About Statistical Briefs

Healthcare Cost and Utilization Project (HCUP) Statistical Briefs provide basic descriptive statistics on a variety of topics using HCUP administrative healthcare data. Topics include hospital inpatient, ambulatory surgery, and emergency department use and costs, quality of care, access to care, medical conditions, procedures, and patient populations, among other topics. The reports are intended to generate hypotheses that can be further explored in other research; the reports are not designed to answer in-depth research questions using multivariate methods.

Data Source

The estimates in this Statistical Brief are based upon data from the Healthcare Cost and Utilization Project (HCUP) 2016-2020 Nationwide Readmissions Database (NRD).

Types of hospitals included in the HCUP Nationwide Readmissions Database
The NRD is based on data from community hospitals, which are defined as short-term, non-Federal, general, and other hospitals, excluding hospital units of other institutions (e.g., prisons). The NRD includes obstetrics and gynecology, otolaryngology, orthopedic, cancer, pediatric, public, and academic medical center hospitals. Excluded are long-term care facilities such as rehabilitation, long-term acute care, psychiatric, and alcoholism and chemical dependency hospitals. However, if a patient received long-term care, rehabilitation, or treatment for a psychiatric or chemical dependency condition in a community hospital, the discharge record for that stay will be included in the NRD.

Definitions

Readmissions
The 30-day readmission rate is defined as the number of admissions for each condition for which there was at least one subsequent hospital admission within 30 days, divided by the total number of admissions from January through November of the same year. That is, when patients are discharged from the hospital, they are followed for 30 days in the data. If any readmission to the same hospital or a different hospital occurs during this time period, the admission is counted as having a readmission. No more than one readmission is counted within the 30-day period because the outcome measure assessed is the "percentage of admissions that are readmitted." If a patient was transferred to a different hospital on the same day or was transferred within the same hospital, the two events were combined as a single stay and the second event was not counted as a readmission; that is, transfers were not considered a readmission. In the case of admissions for which there was more than one readmission in the 30-day period, the data presented in this Statistical Brief reflect the characteristics and costs of the first readmission.

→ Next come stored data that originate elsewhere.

-- ===== src/Recovery.antt =====
-- src/persistence_layer/file_io/recovery.rs: the database that is rebuilt from a log. What is behind the
-- mutex of the recovery data is a value here.

pub mod Polls
pub mod Replayed
pub mod Windows
pub mod Replays
pub mod Discards
pub mod Examples
use elektro_em_eukal.Base.{
  ℕ, zero, suc, ◌+◌, ◌-◌, ◌*◌, ◌%◌, ◌^◌, ◌≡◌, Bool, true, false, ◌&&◌, Option, none, some, List, [],
  ◌∷◌, ◌++◌, if◌then◌else◌, ◌==◌, ltb, length, is_empty, nonzero, update, Outcome, done, panicked,
  out_of_rounds,
}
use elektro_em_eukal.Anchors.{Store, Error, Result, ok, err, new_transaction_anchor}
use elektro_em_eukal.AccessController.Table.{Table, playback_create_sync, playback_delete_sync}
use elektro_em_eukal.LogRecord.{LogRecord, Parsed, parsed, too_short, from_raw_data}
use elektro_em_eukal.LogRecord
use elektro_em_eukal.RandomAccessFile.{RandomAccessFile, read}
use elektro_em_eukal.Playback.{
  Playback, new_playback, get_or_create_journal_anchor, submit_journal_anchor,
  discard_journal_anchor, rewind_playback, prepare_playback, commit_playback, rollback_playback,
}

-- The parts of the database that a log changes: a new anchor is put at the next free address, and
-- the instants with which the clock is updated are kept in order.
pub record Database : Type 0 where
  pub table : Table
  pub store : Store
  pub free : ℕ
  pub clock_updates : List ℕ

pub record MostRecentJournal : Type 0 where
  pub transaction_id : ℕ
  pub journal_id : ℕ

-- The variables of `recover_database`.
pub record Replay : Type 0 where
  pub database : Database
  pub playback_container : List (ℕ × Playback)
  pub last_journal_anchor : Option MostRecentJournal

abbrev pub find_playback : ℕ → List (ℕ × Playback) → Option Playback
find_playback t [] = none
find_playback t ((t', p) ∷ rest) =
    let later = find_playback t rest in if t == t' then some p else later

abbrev pub remove_playback : ℕ → List (ℕ × Playback) → List (ℕ × Playback)
remove_playback t [] = []
remove_playback t ((t', p) ∷ rest) =
    let others = remove_playback t rest in if t == t' then others else (t', p) ∷ others

abbrev pub put_playback : ℕ → Playback → List (ℕ × Playback) → List (ℕ × Playback)
put_playback t p l = (t, p) ∷ remove_playback t l

-- `entry(..).or_insert_with(..)`.
unfoldable pub playback_entry : ℕ → Replay → Replay × Playback
unfolding new_playback new_transaction_anchor
playback_entry t s = elim (find_playback t s.playback_container) [
  | some p ↦ (s, p)
  | none ↦
      let d = s.database in
      let p = new_playback d.free in
      (
        record s {
          database = record d {
            store = record d.store {
              transactions = update d.store.transactions d.free new_transaction_anchor;
            };
            free = d.free + 1;
          };
          playback_container = (t, p) ∷ s.playback_container;
        },
        p,
      )
]

-- The loop over the objects, by `playback_create_sync` or `playback_delete_sync`.
unfoldable pub change_objects : (ℕ → ℕ → Table → Table) → ℕ → List ℕ → Table → Table
change_objects change n [] table = table
change_objects change n (id ∷ ids) table = change_objects change n ids (change id n table)

-- The identifiers from the one at `i` on, modulo 2 ^ 64.
unfoldable pub objects_from : ℕ → ℕ → ℕ → ℕ → List ℕ
objects_from start interval i zero = []
objects_from start interval i (suc n) =
    ((start + i * interval) % 2 ^ 64) ∷ objects_from start interval (i + 1) n

-- The four records of created and of deleted objects.
unfoldable pub play_back_objects : (ℕ → ℕ → Table → Table) → ℕ → ℕ → List ℕ → Replay → Replay
unfolding playback_entry get_or_create_journal_anchor change_objects
play_back_objects change t j ids s =
    let (s', p) = playback_entry t s in
    let d = s'.database in
    let (p', st, n) = get_or_create_journal_anchor d.free j p d.store in
    record {
      database = record d {
        table = change_objects change n ids d.table;
        store = st;
        free = d.free + 1;
      };
      playback_container = put_playback t p' s'.playback_container;
      last_journal_anchor = some (record { transaction_id = t; journal_id = j });
    }

abbrev keep_playback : ℕ → Replay → Playback × Store → Replay
keep_playback t s (p, st) = record s {
  database = record s.database { store = st };
  playback_container = put_playback t p s.playback_container;
}

-- A journal ends; `none` is the panic where the transaction is unknown.
unfoldable pub end_journal : ℕ → (Playback → Store → Playback × Store) → Replay → Option Replay
end_journal t change s = elim (find_playback t s.playback_container) [
  | none ↦ none
  | some p ↦ some (keep_playback t s (change p s.database.store))
]

unfoldable pub discard_in : ℕ → Playback → Store → Playback × Store
unfolding discard_journal_anchor
discard_in j p st = (discard_journal_anchor j p, st)

-- The journal of the most recent change ends; `none` is the panic where there is none.
unfoldable pub end_most_recent : (ℕ → Playback → Store → Playback × Store) → Replay → Option Replay
unfolding end_journal
end_most_recent change s = elim s.last_journal_anchor [
  | none ↦ none
  | some l ↦
      end_journal l.transaction_id (change l.journal_id) (record s { last_journal_anchor = none })
]

unfoldable pub prepare_transaction : ℕ → ℕ → Replay → Replay
unfolding playback_entry prepare_playback
prepare_transaction t instant s =
    let (s', p) = playback_entry t s in
    let d = s'.database in
    let (clock, st) = prepare_playback instant p d.store in
    record s' {
      database = record d { store = st; clock_updates = d.clock_updates ++ (clock ∷ []) };
    }

unfoldable pub commit_transaction : ℕ → ℕ → Replay → Replay
unfolding playback_entry commit_playback
commit_transaction t instant s =
    let (s', p) = playback_entry t s in
    let d = s'.database in
    let (clock, st) = commit_playback instant p d.store in
    record s' {
      database = record d { store = st; clock_updates = d.clock_updates ++ (clock ∷ []) };
      playback_container = remove_playback t s'.playback_container;
    }

unfoldable pub roll_back_transaction : ℕ → ℕ → Replay → Replay
unfolding rollback_playback rewind_playback
roll_back_transaction t to s = elim (find_playback t s.playback_container) [
  | none ↦ s
  | some p ↦
      if to == 0
      then record s {
        database = record s.database { store = rollback_playback p s.database.store };
        playback_container = remove_playback t s.playback_container;
      }
      else keep_playback t s (rewind_playback (nonzero to) p s.database.store)
]

-- The arms of the match on a record; `none` is a panic.
unfoldable pub apply_record : LogRecord → Replay → Option Replay
unfolding play_back_objects objects_from end_most_recent discard_in end_journal
    submit_journal_anchor prepare_transaction commit_transaction roll_back_transaction
    playback_create_sync playback_delete_sync
apply_record LogRecord.end_of_log s = some s
apply_record (LogRecord.buffer_submitted instant) s =
    end_most_recent (λ j. submit_journal_anchor j instant) s
apply_record LogRecord.buffer_discarded s = end_most_recent discard_in s
apply_record (LogRecord.journal_created_object_single t j object) s =
    some (play_back_objects playback_create_sync t j (object ∷ []) s)
apply_record (LogRecord.journal_created_object_range t j start interval objects) s =
    some (play_back_objects playback_create_sync t j (objects_from start interval 0 objects) s)
apply_record (LogRecord.journal_deleted_object_single t j object) s =
    some (play_back_objects playback_delete_sync t j (object ∷ []) s)
apply_record (LogRecord.journal_deleted_object_range t j start interval objects) s =
    some (play_back_objects playback_delete_sync t j (objects_from start interval 0 objects) s)
apply_record (LogRecord.journal_submitted t j instant) s =
    end_journal t (submit_journal_anchor j instant) s
apply_record (LogRecord.journal_discarded t j) s = end_journal t (discard_in j) s
apply_record (LogRecord.transaction_prepared t instant) s = some (prepare_transaction t instant s)
apply_record (LogRecord.transaction_committed t instant) s = some (commit_transaction t instant s)
apply_record (LogRecord.transaction_rolled_back t to) s = some (roll_back_transaction t to s)

abbrev pub is_end_of_log : LogRecord → Bool
is_end_of_log LogRecord.end_of_log = true
is_end_of_log r = false

-- The loop over the records of a buffer that has `total` bytes; the bytes that were applied, or none
-- behind the end of the log.
unfoldable pub apply_records : ℕ → ℕ → List ℕ → Replay → Outcome (Replay × Option ℕ)
unfolding from_raw_data apply_record
apply_records zero total buffer s = if is_empty buffer then done (s, some total) else out_of_rounds
apply_records (suc rounds) total buffer s =
    let read_one : Outcome (Replay × Option ℕ) = elim (from_raw_data buffer) [
      | too_short ↦ done (s, some (total - length buffer))
      | LogRecord.panicked ↦ panicked
      | parsed r rest ↦
          let further : Outcome (Replay × Option ℕ) = elim (apply_record r s) [
            | none ↦ panicked
            | some s' ↦ apply_records rounds total rest s'
          ] in
          if is_end_of_log r then done (s, none) else further
    ] in
    if is_empty buffer then done (s, some total) else read_one

-- Every record takes bytes, so there are at most as many rounds.
unfoldable pub apply_to_database : List ℕ → Replay → Outcome (Replay × Option ℕ)
unfolding apply_records
apply_to_database buffer s = apply_records (length buffer) (length buffer) buffer s

-- The recovery is over at an offset of the log, or it was cancelled.
abbrev pub Recovered : Type 0
Recovered = Outcome (Option (Replay × ℕ))

abbrev pub advanced : ℕ → ℕ → Option ℕ → ℕ
advanced file_len offset none = file_len
advanced file_len offset (some n) = offset + n

unfoldable pub finish_tail : ℕ → ℕ → Outcome (Replay × Option ℕ) → Recovered
finish_tail file_len offset (done (s, n)) = done (some (s, advanced file_len offset n))
finish_tail file_len offset panicked = panicked
finish_tail file_len offset out_of_rounds = out_of_rounds

abbrev pub buffer_size : ℕ
buffer_size = 32

-- The part of the log that is shorter than the buffer. `cancelled` and `faults` tell for an offset
-- whether the recovery is cancelled then, and whether the read there fails.
module _ (cancelled : ℕ → Bool) (faults : ℕ → Option ℕ) (log : RandomAccessFile)
    (file_len : ℕ) where
  unfoldable pub recover_tail : ℕ → Replay → Recovered
  unfolding read apply_to_database finish_tail
  recover_tail offset s =
      let piece : Recovered = elim (read log (file_len - offset) offset (faults offset)) [
        | err e ↦ done (some (s, offset))
        | ok bytes ↦
            let applied = finish_tail file_len offset (apply_to_database bytes s) in
            if cancelled offset then done none else applied
      ] in
      if ltb offset file_len && ltb (file_len - offset) buffer_size
      then piece
      else done (some (s, offset))

  -- The loop over the windows of the log, and what follows it.
  unfoldable pub recover_windows : ℕ → ℕ → Replay → Recovered
  unfolding read apply_to_database recover_tail
  recover_windows zero offset s = out_of_rounds
  recover_windows (suc rounds) offset s = elim (read log buffer_size offset (faults offset)) [
    | err e ↦ recover_tail offset s
    | ok bytes ↦
        let applied : Recovered = elim (apply_to_database bytes s) [
          | done (s', some n) ↦ recover_windows rounds (offset + n) s'
          | done (s', none) ↦ recover_tail file_len s'
          | panicked ↦ panicked
          | out_of_rounds ↦ out_of_rounds
        ] in
        if cancelled offset then done none else applied
  ]

pub record RecoveryData : Type 0 where
  pub database : Option Database
  pub until : Option ℕ
  pub waker : Option ℕ
  pub result : Option (Result Database)

-- `RecoveryData::new`.
unfoldable pub new_recovery_data : Database → Option ℕ → RecoveryData
new_recovery_data database until = record {
  database = some database;
  until = until;
  waker = none;
  result = none;
}

-- The kind `InvalidData` of an input or output error.
abbrev pub invalid_data : ℕ
invalid_data = 21

-- The end of `recover_database`: the data, and the waker that is woken.
unfoldable pub conclude_recovery : ℕ → RecoveryData → Database → ℕ → RecoveryData × Option ℕ
conclude_recovery file_len r database offset = elim r.result [
  | some result ↦ (r, none)
  | none ↦ (
    record r {
      waker = none;
      result = some (if offset == file_len then ok database else err (Error.io invalid_data));
    },
    r.waker,
  )
]

unfoldable pub conclude_windows : ℕ → RecoveryData → Recovered → Outcome (RecoveryData × Option ℕ)
unfolding conclude_recovery
conclude_windows file_len r (done none) = done (r, none)
conclude_windows file_len r (done (some (s, offset))) =
    done (conclude_recovery file_len r s.database offset)
conclude_windows file_len r panicked = panicked
conclude_windows file_len r out_of_rounds = out_of_rounds

-- `recover_database`; another thread may cancel the recovery, or wait for it, until it concludes.
unfoldable pub recover_database :
    ℕ
    → (ℕ → Bool)
    → (ℕ → Option ℕ)
    → (RecoveryData → RecoveryData)
    → RandomAccessFile
    → RecoveryData
    → Outcome (RecoveryData × Option ℕ)
unfolding recover_windows conclude_windows
recover_database rounds cancelled faults meanwhile log r = elim r.database [
  | none ↦ panicked
  | some database ↦ conclude_windows log.len (meanwhile (record r { database = none })) (
      recover_windows cancelled faults log log.len rounds 0
        (record { database = database; playback_container = []; last_journal_anchor = none }))
]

Every qualifying hospital stay is counted as a separate initial (starting point) admission. Thus, a single patient can be counted multiple times during the course of the January through November observation period. In addition, initial admissions do not require a prior "clean period" with no hospitalizations; that is, a hospital stay may be a readmission for a prior stay and the initial admission for a subsequent readmission. Admissions were disqualified from the analysis as initial admissions if they could not be followed for 30 days for one of the following reasons: (1) the patient died in the hospital, (2) information on length of stay was missing, or (3) the patient was discharged in December.

Unit of analysis
The unit of analysis is the hospital discharge (i.e., the hospital stay), not a person or patient. This means that a person who is admitted to the hospital multiple times in 1 year will be counted each time as a separate discharge from the hospital.

Costs and charges
Total hospital charges were converted to costs using HCUP Cost-to-Charge Ratios based on hospital accounting reports from the Centers for Medicare & Medicaid Services (CMS)a. Costs reflect the actual expenses incurred in the production of hospital services, such as wages, supplies, and utility costs; charges represent the amount a hospital billed for the case. For each hospital, a hospitalwide cost-to-charge ratio is used. Hospital charges reflect the amount the hospital billed for the entire hospital stay and do not include professional (physician) fees. For the purposes of this Statistical Brief, costs are reported to the nearest hundred dollars.

Percentage change
Percentage change between years equals the 2020 value minus the 2016-2019 average value divided by the 2016-2019 average value, multiplied by 100.

Expected payer
To make coding uniform across all HCUP data sources, the primary expected payer for the hospital stay combines detailed categories into general groups:

  • Medicare: includes fee-for-service and managed care Medicare
  • Medicaid: includes fee-for-service and managed care Medicaid
  • Private insurance: includes commercial nongovernmental payers, regardless of the type of plan (e.g., private health maintenance organizations [HMOs], preferred provider organizations [PPOs])
  • Self-pay/No charge: includes self-pay, no charge, charity, and no expected payment
  • Other payers: includes other Federal and local government programs (e.g., TRICARE, CHAMPVA, Indian Health Service, Black Lung, Title V) and Workers' Compensation

For this Statistical Brief, a hierarchy was used to assign the payer category based on the primary and secondary expected payer to give precedence to public payers (Medicare and then Medicaid) over commercial insurance.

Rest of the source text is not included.